Yeah, finally I did the Consomme and this time I did my Consomme again.  I strained the Consomme and then added a sprig of fresh Tarragon from my garden and let it infused in the hot liquid. Then you add the garnish & the shredded, cooked Chicken breast.
                             Till my next post, xoxo, Ophelia

Monday, January 17, 2011

Tuna Pasta Salad

              Another simple & good dish for dinner.  Wei-xun this is also with you in mind :) Ophelia

                                                   Tuna Pasta Salad


              2 cans                 Tuna, chunk flakes in oil
          200 gm                    Spiral Pasta/Fusili [colored]
          100 gm                    Carrots
          100 gm                    Celery, do not blanche
          100 gm                     French Beans
              1                          Big Yellow Onion
              2                          Hard boiled eggs
              2 Tabsp                English Parsley
                                           Mayonnaise to taste
                                           Salt & Pepper to taste
                                            Balsamic Vinegar to taste
                                            Olive Oil to taste

  1. Drain the tuna from the oil, set aside.
  2. Cut the vegetables into bit sizes or sticks & blanche the all veg except the Celery, in hot water till cooked & straight away sieve the veg & submerge in ice cold water to stop cooking process.
  3. Boil alot of water in a big pot.  Add alot of salt [water should taste like sea water.  The pasta will "absorb" just enough salt :) ] Boil the pasta till al dente; pour pasta onto a siever to drain excess water.  Do not submerge the pasta in cold water as you will then remove the starch which allows the other ingredients to combine together.
  4. Combine all the ingredients, except for the boiled eggs, together in a bowl.  Season with mayonnaise, salt, pepper & balsamic vinegar. Mix it well till combined then add in the cut boiled eggs.
  5. Chill the salad before serving.
                 1. Personally, Tuna chunks is better;
                 2. You can also make a basic dressing, for a simple salad, with just balsamic vinegar, salt, pepper
                     & olive oil.

                 Till my next post, xoxo, Ophelia

Hors d'Oeuvre & Canapes

              I learnt this back in 2000 and are five topping and was something so simple for those of you who want to have a snack or have this for a gathering.  Ophelia

            (1)  Can of Tuna, remove the liquid
                   Freshly ground Black Pepper
                   Spring Onion
                   Chinese Parsley/Yin Sai

            (2)   Smoked Turkey Ham
                    Fresh/canned Peaches, drained/Honey Dew/Melon
                    English Parsley

            (3)   Roasted Chicken Breast         ]
                    Sour Cream                               ] Hawaiian
                    Paprika                                       ] Chicken
                    Canned Pineapples, drained  ]
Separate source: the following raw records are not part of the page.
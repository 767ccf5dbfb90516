-- ===== src/Coroutine.antt =====
-- crates/example/async_runtime/src/coroutine.rs: coroutine ids and coroutines.
-- A coroutine id is a `u32`. A future is code outside the runtime, so a coroutine holds a handle
-- of a type `F`, and polling it is a parameter of the code that executes coroutines. The waker
-- does nothing when it is called, and is left out.
use rust_root_task_demo.Common.{unwrap, ret, Outcome, ◌>>=◌, ◌^◌, ◌%◌, ℕ}
use rust_root_task_demo.Utils.IndexAllocator
use rust_root_task_demo.Utils.IndexAllocator.{IndexAllocator}

-- `CID_ALLOCATOR: IndexAllocator<4096>`
abbrev pub max_cid_num : ℕ
max_cid_num = 4096

pub record Coroutine {ℓ} (F : Type ℓ) : Type ℓ where
  pub cid : ℕ
  pub prio : ℕ
  pub future : F

-- `Poll<()>`
pub data Poll : Type 0 where
  ready pending : Poll

-- `CoroutineId::generate`
unfoldable pub generate : IndexAllocator → Outcome (ℕ × IndexAllocator)
generate ids = do
  (found, ids') ← IndexAllocator.allocate max_cid_num ids
  cid ← unwrap found
  ret (cid % 2 ^ 32, ids')

-- `CoroutineId::release`
unfoldable pub release : IndexAllocator → ℕ → Outcome IndexAllocator
release ids cid = IndexAllocator.release ids cid

-- `Coroutine::new`
unfoldable pub new {ℓ} :
    {F : Type ℓ} → IndexAllocator → F → ℕ → Outcome (Coroutine F × IndexAllocator)
new ids future prio = do
  (cid, ids') ← generate ids
  ret (record { cid = cid; prio = prio; future = future }, ids')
                    You can either use Roasted Chicken Breast or boil the breast.  If the latter, cool the
                   chicken breast completely before adding the rest of the ingredients.

              (4)  Cheese                                   ]
                     Cherry Tomatoes                   ]
                     Basil                                      ]  Italian
                     Olive Oil                                ]   
                     Pinch of Salt                           ]
                     Freshly ground Black Pepper  ]

              (5)   ripe Avocado                         ]
                      Spring Onion                         ]
                      Lemon juice                           ]
                      Jalapeno                                 ]  Mexican
                      Garlic                                      ]
                      Red Tabasco                         ]
                      Pinch of Salt & Pepper        ]

                The base for the Canapes or Hors d'Ouevre can vary from biscuits to short pastry to bread :)

                        Till my next post, xoxo, Ophelia

Chicken Ala Kiev

               One might ask "What is Chicken Ala Kiev?"  It is a popular dish of boneless chicken breast & rolled around cold garlic butter with herbs then breaded/coated with flour, eggs & bread crumbs & either fried or baked.  In the following recipe the chicken breast is rolled around cold butter with mushroom & smoked turkey.  You can also substitute the smoked turkey for bacon :) Ophelia

                                               Chicken Ala Kiev


                4                Chicken breast
            250 gm           Salted Butter
            100 gm           Button Mushrooms, diced
            100 gm           Smoked Turkey Ham
                4 cloves      Garlic
             300 ml            *Dairy Whipping Cream eg brands like "Anchor", "Shani", "Embork" etc
                                   Salt & ground Pepper to taste

                                   A packet of mixed Salad

                For coating:-         All purpose flour/tepung gandung, sieved, egg & bread crumbs

  1. Wash chicken breasts, dry well with kitchen towel.  Trim then slice in the centre, [Do not cut till the extreme end] to make a butterfly cut.  Then use a meat hammer & pound it.  Set aside.
  2. Chop the turkey ham & half of the mushrooms.  Heat very little oil & fry the garlic short while, as it burns very fast, then add the turnkey ham, the mushrooms & ground pepper.  Dish out onto plate & let it Cool completely.
  3. Take the butter out from the fridge first & leave it at room temperature for 10 minutes.  Put the butter in Kenwood Machine & use the K beater & manually break up the butter & beat it a short while.  Then add in the cooled Turkey/Mushroom filling & beat again short while [couple of minutes] Effect: Butter is still still a little hard.  Then use a wooden spoon & manually mix it.  End result: butter still a little hard.  Then roll butter into a sausage & cling wrap it & freeze butter.
  4. In the meantime get this ready.  (a)  Heat alot of oil in a wok for deep frying the chicken.  (b) Sieve the flour put it in a small plate, beat the egg & put the bread crumbs in a small plate.  As you have to first coat the chicken breast with flour, then the eggs and lastly the breadcrumbs, arrange them in order near your cooking stove.
  5. Take the butter out from fridge; cut it into big chunks.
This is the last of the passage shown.